Problem 5 – Inferring Hidden Values from XOR Clues
We are given hints of the form A_i ⊕ A_j = k and know that A_1 = 1. The relation is symmetric, so we can build an undirected graph where each edge weight is the XOR constant. A simple BFS (or DFS) from node 1 fills in all reachable nodes.
#include <iostream>
#include <vector>
#include <queue>
using namespace std;
int main() {
ios::sync_with_stdio(false);
cin.tie(nullptr);
int n, m;
cin >> n >> m;
vector<vector<pair<int,int>>> g(n + 1);
for (int i = 0; i < m; ++i) {
int u, v, w;
cin >> u >> v >> w;
g[u].emplace_back(v, w);
g[v].emplace_back(u, w);
}
vector<int> value(n + 1, -1);
value[1] = 1;
queue<int> q;
q.push(1);
while (!q.empty()) {
int cur = q.front(); q.pop();
for (auto &[nxt, w] : g[cur]) {
if (value[nxt] == -1) {
value[nxt] = value[cur] ^ w;
q.push(nxt);
}
}
}
for (int i = 1; i <= n; ++i)
cout << value[i] << " \n"[i == n];
return 0;
}
Python version using a deque:
from collections import deque
import sys
n, m = map(int, sys.stdin.readline().split())
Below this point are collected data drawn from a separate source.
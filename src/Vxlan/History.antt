-- ===== src/Vxlan/History.antt =====
-- Histories of what nl_vxlan is asked to do.
use basebox.Prelude.{ℕ, ◌≡◌, List, some, ℤ, pos, is_neg, ◌==◌}
use basebox.Sai.{SwitchInterface}
use basebox.Vxlan.State.{Network, NlVxlan}
use basebox.Vxlan.Messages.{
  net_reachable_notification, register_neigh, register_endpoint, register_link, register_bridge,
  Request, serve, serve_all,
}
use basebox.Vxlan.Yields.{Yields, last_result-Keeps}
use basebox.Vxlan.Consistent.{IsConsistent}
use basebox.Vxlan.Steady.{Steady, pure-Steady, then-Steady, if-Steady, option-Steady}
use basebox.Vxlan.PortsKeep.{
  create_vni-Steady, remove_vni-Steady, create_access_port-Steady, delete_access_port-Steady,
}
use basebox.Vxlan.EndpointsKeep.{
  delete_endpoint-Steady, create_endpoint_to-Steady, create_endpoint-Steady,
}
use basebox.Vxlan.NeighsKeep.{add_l2_neigh-Steady, delete_l2_neigh-Steady}

module _ {L A : Type 0} (swi : SwitchInterface) where
  module _ (net : Network L A) where
    register_link-Steady : (link : L) → Steady (register_link net swi link)
    unfolding register_link register_endpoint register_neigh
    register_link-Steady link =
        let br_link = net.bridge_link (net.get_ifindex link) in
        then-Steady _ _ (create_vni-Steady net swi link) (λ rv.
          if-Steady (is_neg rv) _ _ (pure-Steady L A rv) (
            if-Steady (net.get_master link == 0) _ _ (pure-Steady L A rv) (
              then-Steady _ _ (create_endpoint-Steady net swi link br_link) (λ made.
                last_result-Keeps _ _ (λ n. add_l2_neigh-Steady net swi n link br_link) (pos 0)
                  (net.neighs_of (net.get_ifindex link))))))

    net_reachable_notification-Steady :
        (addr : A) (ifindex : ℕ) → Steady (net_reachable_notification net swi addr ifindex)
    unfolding net_reachable_notification
    net_reachable_notification-Steady addr ifindex =
        option-Steady (net.base_link ifindex) _ _ (pure-Steady L A (pos 0)) (λ link.
          if-Steady (net.is_vxlan link) _ _
            (create_endpoint_to-Steady net swi link (net.bridge_link ifindex) addr)
            (pure-Steady L A (pos 0)))

  serve-Steady : (r : Network L A × Request L A) → Steady (serve swi r)
  unfolding serve register_bridge
  serve-Steady (net, Request.registers) =
      last_result-Keeps _ _ (register_link-Steady net) (pos 0) net.vxlan_links
  serve-Steady (net, Request.create_vnis link) = create_vni-Steady net swi link
  serve-Steady (net, Request.remove_vnis link) = remove_vni-Steady net swi link
  serve-Steady (net, Request.delete_endpoints link) = delete_endpoint-Steady net swi link
  serve-Steady (net, Request.create_endpoints link br_link) =
      create_endpoint-Steady net swi link br_link
  serve-Steady (net, Request.reaches addr ifindex) =
      net_reachable_notification-Steady net addr ifindex
  serve-Steady (net, Request.add_neighs neigh link br_link) =
      add_l2_neigh-Steady net swi neigh link br_link
  serve-Steady (net, Request.delete_neighs neigh link) = delete_l2_neigh-Steady net swi neigh link
  serve-Steady (net, Request.create_ports br_link tunnel_id pport_no vid untagged) =
      then-Steady _ _ (create_access_port-Steady net swi br_link tunnel_id pport_no vid untagged)
        (λ (rv, lport). pure-Steady L A rv)
  serve-Steady (net, Request.delete_ports br_link pport_no vid wipes) =
      delete_access_port-Steady net swi br_link pport_no vid wipes

  -- After any history of requests that does not abort, whatever the switch answers and the network
  -- is each time, if it was so before: the two maps of next hops are inverse, no id above the
  -- counter is taken unless the counter is 0, and the count of each endpoint is the sum of its
  -- counts for each VNI modulo 2^32.
  pub serve_all-IsConsistent :
      (rs : List (Network L A × Request L A)) (s : NlVxlan L A) (rv : ℤ) (t : NlVxlan L A)
      → serve_all swi rs s ≡ some (rv, t)
      → IsConsistent s
      → IsConsistent t
  unfolding serve_all Yields
  serve_all-IsConsistent rs s rv t e h =
      (last_result-Keeps _ _ serve-Steady (pos 0) rs s rv t e h).0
g = [[] for _ in range(n + 1)]
for _ in range(m):
u, v, w = map(int, sys.stdin.readline().split())
g[u].append((v, w))
g[v].append((u, w))
ans = [-1] * (n + 1)
ans[1] = 1
q = deque([1])
while q:
cur = q.popleft()
for nxt, w in g[cur]:
if ans[nxt] == -1:
ans[nxt] = ans[cur] ^ w
q.append(nxt)
print(' '.join(map(str, ans[1:])))
The entire procedure runs in O(n + m) time.
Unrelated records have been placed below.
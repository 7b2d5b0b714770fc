-- ===== src/Vxlan/Progress.antt =====
-- An endpoint is made as soon as its remote address can be reached.
use basebox.Prelude.{
  ℕ, ◌≡◌, ◌≢◌, inl, inr, refl, Bool, true, false, List, [], ◌∷◌, Option, none, some, pos, arith,
  find, nat_key, pair_key, find-emplace, same_refl, Option-cases, Bool-cases,
}
use basebox.Sai.{Call, Log, SwitchInterface}
use basebox.Vxlan.Action.{last_result}
use basebox.Vxlan.State.{TunnelNh, Neigh, Nexthop, Network, NlVxlan}
use basebox.Vxlan.NextHops.{
  count_next_hop, enter_next_hop, use_next_hop, tunnel_nh_of, create_next_hop_of_neigh,
  create_next_hop_at, create_next_hop, first_address, or_remote,
}
use basebox.Vxlan.Vnis.{get_tunnel_id, get_tunnel_id_of_link}
use basebox.Vxlan.AccessPorts.{is_port_flooding, enable_flooding}
use basebox.Vxlan.Endpoints.{
  ttl_or_default, vxlan_port_default, enter_endpoint, endpoint_of, make_endpoint,
  create_endpoint_port, add_l2_neigh_to_tunnel, flood_endpoint, is_flooding, is_permanent,
  neighs_behind, join_tunnel, join_endpoint, no_route, connect, create_endpoint_to,
}
use basebox.Vxlan.AccessPortPairs.{logged}
use basebox.Vxlan.EndpointCalls.{hop_id, hop_calls, port_calls, flood_calls, addr_calls}
use basebox.Vxlan.EndpointErrors.{fresh_endpoint}

-- A switch that accepts every call.
abbrev pub IsWilling : SwitchInterface → Type 0
IsWilling swi = (l : Log) (c : Call) → swi.answer l c ≡ pos 0

module _ {L A : Type 0} (net : Network L A) (swi : SwitchInterface) (willing : IsWilling swi) where
  has_address :
      (n : Neigh A) (tnh : TunnelNh)
      → tunnel_nh_of net swi n ≡ some tnh
      → (mac : A) × (n.lladdr ≡ some mac)
  unfolding tunnel_nh_of
  has_address n tnh its = elim (Option-cases n.lladdr) [
    | inl unset ↦ absurd (ground arith)
    | inr set ↦ set
  ]

  next_hop_progress :
      (link : L) (remote : A) (nh : Nexthop A) (nhs : List (Nexthop A)) (n : Neigh A)
      (tnh : TunnelNh) (s : NlVxlan L A)
      → net.nexthops_to remote ≡ some (nh ∷ nhs)
      → net.get_neighbour
          (first_address 0 (nh ∷ nhs)).0
          (or_remote (first_address 0 (nh ∷ nhs)).1 remote)
        ≡ some n
      → tunnel_nh_of net swi n ≡ some tnh
      → s.next_hop_id_cnt ≢ 0
      → (t : NlVxlan L A) × ((create_next_hop net swi link remote s
            ≡ some ((pos 0, hop_id tnh s), t))
          × ((t.log ≡ logged swi (hop_calls tnh s) s.log)
              × ((t.endpoint_id ≡ s.endpoint_id)
                  × ((t.vni2tunnel ≡ s.vni2tunnel) × (t.port_id_cnt ≡ s.port_id_cnt)))))
  unfolding create_next_hop create_next_hop_at create_next_hop_of_neigh use_next_hop count_next_hop
      enter_next_hop hop_id hop_calls logged
  next_hop_progress link remote nh nhs n tnh s route neigh its positive =
      let (mac, set) = has_address n tnh its in
      let (smac, (dmac, (pport, vid))) = tnh in
      let accepted =
        willing s.log (Call.tunnel_next_hop_create s.next_hop_id_cnt smac dmac pport vid) in
      elim (Option-cases (create_next_hop net swi link remote s)) [
        | inl aborted ↦ absurd (ground (arith, accepted))
        | inr (((rv, id), t), returned) ↦
            elim (Option-cases (find (smac, (dmac, (pport, vid))) s.tunnel_next_hop_id)) [
              | inl new ↦ (t, (ground (arith, accepted), ground (arith, accepted)))
              | inr (p, known) ↦ (t, (ground arith, ground arith))
            ]
      ]

  neighs_progress :
      (ns : List (Neigh A)) (lport_id tunnel_id : ℕ) (s : NlVxlan L A)
      → lport_id ≢ 0
      → tunnel_id ≢ 0
      → (t : NlVxlan L A) × ((last_result
              (λ n. add_l2_neigh_to_tunnel net swi n lport_id tunnel_id)
              (pos 0)
              ns
              s
            ≡ some (pos 0, t))
          × ((t.log ≡ logged swi (addr_calls net swi ns lport_id tunnel_id) s.log)
              × (t.endpoint_id ≡ s.endpoint_id)))
  unfolding last_result add_l2_neigh_to_tunnel addr_calls logged
  neighs_progress [] lport_id tunnel_id s lport tunnel = (s, (refl, (refl, refl)))
  neighs_progress (n ∷ ns) lport_id tunnel_id s lport tunnel =
      let c =
        Call.l2_overlay_addr_add lport_id tunnel_id (net.mac n.lladdr) (is_permanent net swi n) in
      let u : NlVxlan L A = record s { log = (c, swi.answer s.log c) ∷ s.log } in
      let (t, (returned, (calls, same_endpoints))) =
        neighs_progress ns lport_id tunnel_id u lport tunnel in
      (t, (ground (arith, returned), (calls, same_endpoints)))

  flood_progress :
      (br_link : Option L) (link : L) (local remote : A) (nh_id lport_id tunnel_id : ℕ)
      (s : NlVxlan L A)
      → ((b : L) → br_link ≡ some b → net.is_bridge b ≡ true)
      → (flooding : Bool) × ((is_flooding net swi br_link s ≡ some (flooding, s))
          × ((t : NlVxlan L A) × ((flood_endpoint net swi link local remote nh_id lport_id tunnel_id
                    flooding s
                  ≡ some (pos 0, t))
                × ((t.log ≡ logged swi (flood_calls net swi br_link lport_id tunnel_id) s.log)
                    × (t.endpoint_id ≡ s.endpoint_id)))))
  unfolding is_flooding is_port_flooding flood_endpoint enable_flooding flood_calls logged
  flood_progress none link local remote nh_id lport_id tunnel_id s bridge =
      (false, (refl, (s, (refl, (refl, refl)))))
  flood_progress (some b) link local remote nh_id lport_id tunnel_id s bridge =
      let c = Call.add_l2_overlay_flood tunnel_id lport_id in
      let u : NlVxlan L A = record s { log = (c, swi.answer s.log c) ∷ s.log } in
      elim (Bool-cases (net.unicast_flood b)) [
        | inl floods ↦ (
          true,
          (
            ground (arith, bridge b refl),
            (u, (ground (arith, willing s.log c), (ground arith, refl))),
          ),
        )
        | inr quiet ↦ (false, (ground (arith, bridge b refl), (s, (refl, (ground arith, refl)))))
      ]

  join_tunnel_progress :
      (br_link : Option L) (link : L) (local remote : A) (nh_id lport_id tunnel_id : ℕ)
      (s : NlVxlan L A)
      → ((b : L) → br_link ≡ some b → net.is_bridge b ≡ true)
      → lport_id ≢ 0
      → tunnel_id ≢ 0
      → (t : NlVxlan L A) × ((join_tunnel net swi link br_link local remote nh_id lport_id tunnel_id
              s
            ≡ some (pos 0, t))
          × ((t.log
                ≡ logged swi
                    (addr_calls net swi (neighs_behind net swi link remote) lport_id tunnel_id)
                    (logged swi
                      (flood_calls net swi br_link lport_id tunnel_id)
                      (logged swi (Call.tunnel_port_tenant_add lport_id tunnel_id ∷ []) s.log)))
              × (t.endpoint_id ≡ s.endpoint_id)))
  unfolding join_tunnel logged
  join_tunnel_progress br_link link local remote nh_id lport_id tunnel_id s bridge lport tunnel =
      let c = Call.tunnel_port_tenant_add lport_id tunnel_id in
      let u : NlVxlan L A = record s { log = (c, swi.answer s.log c) ∷ s.log } in
      let (flooding, (known, (v, (flooded, (flood_log, same_endpoints))))) =
        flood_progress br_link link local remote nh_id lport_id tunnel_id u bridge in
      let ns = neighs_behind net swi link remote in
      let (t, (added, (addr_log, same_again))) =
        neighs_progress ns lport_id tunnel_id v lport tunnel in
      (
        t,
        (
          ground (arith, willing s.log c, known, flooded, added),
          (ground (arith, addr_log, flood_log), ground (arith, same_endpoints, same_again)),
        ),
      )

  endpoint_progress :
      (link : L) (local remote : A) (vni nh_id : ℕ) (s : NlVxlan L A)
      → net.vxlan_id link ≡ some vni
      → find (endpoint_of net swi link local remote) s.endpoint_id ≡ none
      → (t : NlVxlan L A) × ((create_endpoint_port net swi link local remote nh_id s
            ≡ some ((pos 0, s.port_id_cnt), t))
          × ((t.log
                ≡ logged swi
                    (Call.tunnel_enpoint_create s.port_id_cnt
                        (endpoint_of net swi link local remote).1.0
                        (endpoint_of net swi link local remote).0
                        (ttl_or_default (net.vxlan_ttl link))
                        nh_id
                        vxlan_port_default
                        (endpoint_of net swi link local remote).1.1
                        0
                        true
                      ∷ [])
                    s.log)
              × (find (endpoint_of net swi link local remote) t.endpoint_id
                  ≡ some (fresh_endpoint s.port_id_cnt nh_id vni))))
  unfolding create_endpoint_port make_endpoint enter_endpoint fresh_endpoint logged
  endpoint_progress link local remote vni nh_id s set new =
      let ep = endpoint_of net swi link local remote in
      let e = fresh_endpoint s.port_id_cnt nh_id vni in
      let c =
        Call.tunnel_enpoint_create s.port_id_cnt ep.1.0 ep.0 (ttl_or_default (net.vxlan_ttl link))
          nh_id vxlan_port_default ep.1.1 0 true in
      let u : NlVxlan L A = record s { log = (c, swi.answer s.log c) ∷ s.log } in
      (
        enter_endpoint ep nh_id vni u,
        (
          ground (arith, willing s.log c),
          (refl, ground (arith, find-emplace ep ep e s.endpoint_id, same_refl ep)),
        ),
      )

  -- On a switch that accepts everything: once the route to the remote address has a next hop that
  -- is resolved, over a port of the switch, an endpoint of a VXLAN link with a tunnel that is not
  -- there yet is made, if the local and the remote address are IPv4, the id of the tunnel and the
  -- counters of port ids and of next hop ids are not 0, and the link's master, if any, is a bridge.
  -- create_endpoint returns 0, and the endpoint is entered with one user, under the next port id and
  -- with the id of the next hop, which is the counter's if it is new. The calls are, in this order:
  -- the next hop if it is new, the endpoint, its tenant, flooding if the master floods, and the
  -- addresses behind the endpoint.
  pub create_endpoint_to_progress :
      (br_link : Option L) (link : L) (local remote : A) (nh : Nexthop A) (nhs : List (Nexthop A))
      (n : Neigh A) (tnh : TunnelNh) (vni tunnel_id : ℕ) (s : NlVxlan L A)
      → ((b : L) → br_link ≡ some b → net.is_bridge b ≡ true)
      → net.is_inet remote ≡ true
      → net.vxlan_local link ≡ some local
      → net.is_inet local ≡ true
      → net.nexthops_to remote ≡ some (nh ∷ nhs)
      → net.get_neighbour
          (first_address 0 (nh ∷ nhs)).0
          (or_remote (first_address 0 (nh ∷ nhs)).1 remote)
        ≡ some n
      → tunnel_nh_of net swi n ≡ some tnh
      → s.next_hop_id_cnt ≢ 0
      → s.port_id_cnt ≢ 0
      → tunnel_id ≢ 0
      → net.vxlan_id link ≡ some vni
      → find vni s.vni2tunnel ≡ some tunnel_id
      → find (endpoint_of net swi link local remote) s.endpoint_id ≡ none
      → (t : NlVxlan L A) × ((create_endpoint_to net swi link br_link remote s ≡ some (pos 0, t))
          × ((find (endpoint_of net swi link local remote) t.endpoint_id
                ≡ some (fresh_endpoint s.port_id_cnt (hop_id tnh s) vni))
              × (t.log
                  ≡ logged swi
                      (addr_calls net swi
                        (neighs_behind net swi link remote)
                        s.port_id_cnt
                        tunnel_id)
                      (logged swi (flood_calls net swi br_link s.port_id_cnt tunnel_id) (
                        logged swi
                          (port_calls net swi link local remote
                            (hop_id tnh s)
                            s.port_id_cnt
                            tunnel_id)
                          (logged swi (hop_calls tnh s) s.log))))))
  unfolding create_endpoint_to connect join_endpoint no_route get_tunnel_id_of_link get_tunnel_id
      port_calls logged
  create_endpoint_to_progress br_link link local remote nh nhs n tnh vni tunnel_id s bridge inet set
        local_inet route neigh its hops ports tunnel link_vni known new =
      let nh_id = hop_id tnh s in
      let (u, (created, (hop_log, (same_endpoints, (same_vnis, same_ports))))) =
        next_hop_progress link remote nh nhs n tnh s route neigh its hops in
      let (v, (made, (made_log, entered))) =
        endpoint_progress link local remote vni nh_id u link_vni (ground arith) in
      let (t, (joined, (joined_log, kept))) =
        join_tunnel_progress br_link link local remote nh_id u.port_id_cnt tunnel_id v bridge
          (ground (arith, ports)) tunnel in
      (
        t,
        (
          ground (arith, created, made, joined),
          (
            ground (arith, entered, kept),
            ground (arith, joined_log, made_log, hop_log, same_ports),
          ),
        ),
      )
Problem 6 – Maximising Gifts with a Knapsack Optimisation
We have many item, each defined by a lucky number A_i and a gold reward B_i. The cost of an item is the number of "candy sticks" needed to draw its digits (the well-known seven‑segment stick counts). Although there can be up to 10^5 items, the maximum cost is only 63 (the sum for 888888888). Therefore we can compress the items: for each possible cost we keep the maximum gold value among all item having that cost. This reduces the problem to a bounded unbounded knapsack with at most 63 distinct costs.
#include <iostream>
#include <vector>
#include <algorithm>
using namespace std;
const int cost_sticks[10] = {6,2,5,5,4,5,6,3,7,6};
int sticks_needed(int num) {
int s = 0;
while (num) {
s += cost_sticks[num % 10];
num /= 10;
}
return s;
}
int main() {
ios::sync_with_stdio(false);
cin.tie(nullptr);
int T;
cin >> T;
while (T--) {
int n, m;
cin >> n >> m;
vector<int> A(n), B(n);
for (int i = 0; i < n; ++i) cin >> A[i];
for (int i = 0; i < n; ++i) cin >> B[i];
vector<int> best(101, 0);
vector<bool> seen(101, false);
for (int i = 0; i < n; ++i) {
int cost = sticks_needed(A[i]);
seen[cost] = true;
best[cost] = max(best[cost], B[i]);
}
vector<int> dp(m + 1, 0);
for (int c = 1; c <= 100; ++c) {
if (!seen[c]) continue;
for (int j = c; j <= m; ++j)
dp[j] = max(dp[j], dp[j - c] + best[c]);
}
cout << dp[m] << '\n';
}
return 0;
}
Equivalent Python snippet:
import sys
sticks = [6, 2, 5, 5, 4, 5, 6, 3, 7, 6]
def count_sticks(x):
total = 0
while x:
total += sticks[x % 10]
x //= 10
return total
T = int(sys.stdin.readline())
for _ in range(T):
n, m = map(int, sys.stdin.readline().split())
A = list(map(int, sys.stdin.readline().split()))
B = list(map(int, sys.stdin.readline().split()))
best_gold = [0] * 101
have = [False] * 101
for a, b in zip(A, B):
c = count_sticks(a)
have[c] = True
if b > best_gold[c]:
best_gold[c] = b
dp = [0] * (m + 1)
for c in range(1, 101):
if not have[c]:
continue
for j in range(c, m + 1):
dp[j] = max(dp[j], dp[j - c] + best_gold[c])
print(dp[m])
The time complexity per test case is O(63 · m), which simplifies to O(m).